When we write a Python script, we create human-readable high-level code. But for our computer to execute this script, it needs to translate it into a form it can understand.

This is where Python byte code comes into play. Byte code is an intermediate representation of our Python code. It's a low-level set of instructions that is more abstract than machine code but closer to the computer's understanding than the original Python script.

When we run a Python program, Python parses the program, converts it to Byte Code, and starts the Python Virtual Machine to execute the Byte Code.


How Python Converts Code to Byte Code

The following is a simplified view of the process:

  1. We write our Python script in a .py file.
  2. We execute python ourprogram.py
  3. Parsing: Python reads the program and parses it into an Abstract Syntax Tree.
  4. Compilation: Python converts the AST into byte code. This byte code is stored in .pyc files in the __pycache__ folder.
  5. Execution: The Python starts the Python Virtual Machine (PVM), which reads and executes the byte code.

Think of this process as translating a book from English to a simplified language like Pig Latin before making a final translation to Spanish.

This intermediate language, byte code, helps bridge the gap between human- and machine-readable code.

The Role of __pycache__

When Python compiles our script into byte code, it stores these byte code files in a folder called __pycache__. This directory is typically hidden and located in the same directory as our Python script.

The .pyc files within __pycache__ contain the compiled byte code and are named in a way that includes the version of Python used for the compilation. For example, if we have a script named example.py and we're using Python 3.8, the compiled byte code file might be named example.cpython-38.pyc.

Python checks if it can reuse the existing .pyc files in __pycache__ by comparing the metadata of the source file and the compiled file. Specifically, it looks at two things:

  1. Modification Time: Python compares the last modification time of the source .py file with the metadata in the .pyc file. If the source file has been modified more recently than the .pyc file, Python will regenerate the byte code.
  2. Python Version: The .pyc file includes information about the Python version used for compilation. If there's a mismatch between the version used to create the .pyc file, and the current interpreter, Python, will regenerate the byte code.

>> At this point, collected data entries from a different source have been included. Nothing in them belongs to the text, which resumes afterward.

-- ===== src/Scope/Membership.antt =====
-- The membership maps of the scope index under `commit`: the sets of members by scope and the
-- sets of scopes by row, beside the entries that are committed.
use react_native_dblayer.Base.{
  ◌≡◌, refl, ap, sym, ◌∙◌, Bool, true, ◌&&◌, ◌||◌, not, some, List, [], ◌∷◌, map, arith,
  if◌then◌else◌, any, keep, Bool-cases, Option-cases, inl, inr,
}
use react_native_dblayer.Base.Str.{Str, str_eq, str_eq_iff, str_eq_refl}
use react_native_dblayer.Base.StrSet
use react_native_dblayer.Base.StrSet.{StrSet}
use react_native_dblayer.Base.StrMap
use react_native_dblayer.Base.StrMap.{StrMap}
use react_native_dblayer.Scope.Entry.{ScopeEntry, has_id, entry_id}
use react_native_dblayer.Scope.State.{
  set_at, without_empty_set, drop_rows, hold_rows, add_ids, departed_ids,
}

pub has-add_ids :
    (id : Str) (ids : List Str) (members : StrSet)
    → StrSet.has id (add_ids ids members) ≡ (StrSet.has id ids || StrSet.has id members)
unfolding add_ids StrSet.has
has-add_ids id [] members = refl
has-add_ids id (j ∷ ids) members =
    ground (arith, has-add_ids id ids (StrSet.add j members), StrSet.has-add j id members)

pub has-map-entry_id :
    (id : Str) (es : List ScopeEntry) → StrSet.has id (map entry_id es) ≡ has_id id es
unfolding has_id any StrSet.has
has-map-entry_id id [] = refl
has-map-entry_id id (e ∷ es) = ground (arith, has-map-entry_id id es)

has_id-keep_absent :
    (id : Str) (ids : StrSet) (es : List ScopeEntry)
    → has_id id (keep (λ e. not (StrSet.has e.id ids)) es)
      ≡ (has_id id es && not (StrSet.has id ids))
unfolding has_id any keep
has_id-keep_absent id ids [] = refl
has_id-keep_absent id ids (e ∷ es) = elim (Bool-cases (str_eq e.id id)) [
  | inl same ↦ ground (
    arith,
    has_id-keep_absent id ids es,
    ap (λ x. StrSet.has x ids) ((str_eq_iff e.id id).0 same),
  )
  | inr other ↦ ground (arith, has_id-keep_absent id ids es)
]

pub has-departed_ids :
    (id : Str) (previous : List ScopeEntry) (next_ids : StrSet)
    → StrSet.has id (departed_ids previous next_ids)
      ≡ (has_id id previous && not (StrSet.has id next_ids))
unfolding departed_ids
has-departed_ids id previous next_ids =
    has-map-entry_id id (keep (λ e. not (StrSet.has e.id next_ids)) previous)
    ∙ has_id-keep_absent id next_ids previous

set_at-set :
    (id j : Str) (keys : StrSet) (m : StrMap StrSet)
    → set_at j (StrMap.set id keys m) ≡ (if str_eq id j then keys else set_at j m)
set_at-set id j keys m = rw (StrMap.get-set id j keys m, set_at) (ground arith)

set_at-without_empty_set :
    (id j : Str) (keys : StrSet) (m : StrMap StrSet)
    → set_at j (without_empty_set id keys m) ≡ (if str_eq id j then keys else set_at j m)
unfolding without_empty_set
set_at-without_empty_set id j [] m = rw (StrMap.get-delete id j m, set_at) (ground arith)
set_at-without_empty_set id j (k ∷ keys) m = set_at-set id j (k ∷ keys) m

pub has-hold_rows :
    (key k : Str) (ids : List Str) (id : Str) (m : StrMap StrSet)
    → StrSet.has k (set_at id (hold_rows key ids m))
      ≡ ((str_eq key k && StrSet.has id ids) || StrSet.has k (set_at id m))
unfolding hold_rows StrSet.has
has-hold_rows key k [] id m = ground arith
has-hold_rows key k (j ∷ ids) id m =
    let m' : StrMap StrSet = StrMap.set j (StrSet.add key (set_at j m)) m in
    let rest = has-hold_rows key k ids id m' in
    let here : set_at id m' ≡ (if str_eq j id then StrSet.add key (set_at j m) else set_at id m) =
      set_at-set j id (StrSet.add key (set_at j m)) m in
    elim (Bool-cases (str_eq j id)) [
      | inr other ↦
          let same : set_at id m' ≡ set_at id m = here ∙ rw other refl in
          ground (arith, rest, ap (StrSet.has k) same)
      | inl both ↦
          let is_id : j ≡ id = (str_eq_iff j id).0 both in
          let grown : set_at id m' ≡ StrSet.add key (set_at id m) = here ∙ rw (both, is_id) refl in
          ground (arith, rest, ap (StrSet.has k) grown, StrSet.has-add key k (set_at id m))
    ]

-- What the loop over departed rows leaves, where it does not throw.
abbrev pub Drops : Str → List Str → StrMap StrSet → StrMap StrSet → Type 0
Drops key ids m m' =
    (k id : Str)
    → StrSet.has k (set_at id m')
      ≡ (not (str_eq key k && StrSet.has id ids) && StrSet.has k (set_at id m))

abbrev pub are_distinct : List Str → Bool
are_distinct [] = true
are_distinct (id ∷ ids) = not (StrSet.has id ids) && are_distinct ids

drop_one :
    (key j : Str) (keys : StrSet) (m : StrMap StrSet)
    → StrMap.get j m ≡ some keys
    → (k id : Str)
    → StrSet.has k (set_at id (without_empty_set j (StrSet.delete key keys) m))
      ≡ (not (str_eq key k && str_eq j id) && StrSet.has k (set_at id m))
drop_one key j keys m at k id = elim (Bool-cases (str_eq j id)) [
  | inr other ↦
      let same : set_at id (without_empty_set j (StrSet.delete key keys) m) ≡ set_at id m =
        set_at-without_empty_set j id (StrSet.delete key keys) m ∙ rw other refl in
      ground (arith, ap (StrSet.has k) same)
  | inl both ↦
      let cut : set_at id (without_empty_set j (StrSet.delete key keys) m)
          ≡ StrSet.delete key keys =
        set_at-without_empty_set j id (StrSet.delete key keys) m ∙ rw both refl in
      let is_id : j ≡ id = (str_eq_iff j id).0 both in
      let here : set_at id m ≡ keys = rw (sym is_id) (rw (at, set_at) refl) in
      ground (arith, ap (StrSet.has k) cut, ap (StrSet.has k) here, StrSet.has-delete key k keys)
]

pub drop_rows-Drops :
    (key : Str) (ids : List Str) (m : StrMap StrSet)
    → are_distinct ids ≡ true
    → ((id : Str) → StrSet.has id ids ≡ true → StrSet.has key (set_at id m) ≡ true)
    → (m' : StrMap StrSet) × (drop_rows key ids m ≡ some m') × Drops key ids m m'
unfolding drop_rows StrSet.has
drop_rows-Drops key [] m d h = (m, refl, λ k id. ground arith)
drop_rows-Drops key (j ∷ ids) m d h = elim (Option-cases (StrMap.get j m)) [
  | inl gone ↦
      let held : StrSet.has key (set_at j m) ≡ true = h j (rw (str_eq_refl j) refl) in
      let empty : set_at j m ≡ [] = rw (gone, set_at) refl in
      absurd (ground (arith, held, ap (StrSet.has key) empty))
  | inr (keys, at) ↦
      let m1 : StrMap StrSet = without_empty_set j (StrSet.delete key keys) m in
      let one = drop_one key j keys m at in
      let (m', e, drops) = drop_rows-Drops key ids m1 (ground arith) (λ id inside.
        elim (Bool-cases (str_eq j id)) [
          | inl both ↦
              absurd (ground (arith, ap (λ x. StrSet.has x ids) ((str_eq_iff j id).0 both)))
          | inr other ↦ ground (arith, one key id, h id)
        ]) in
      (m', rw (at, drop_rows) e, λ k id. ground (arith, drops k id, one k id))
]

By checking these factors, Python ensures that it executes the most up-to-date version of our code without unnecessary recompilation. This mechanism helps speed up program startup time by reusing compiled byte code when possible.

🧠
When working with Python projects and using GIT for version control, it’s essential to ignore .pyc files and the __pycache__ directories. Python automatically generates these files every time we change the source code. Including them can lead to unnecessary clutter and potential merge conflicts.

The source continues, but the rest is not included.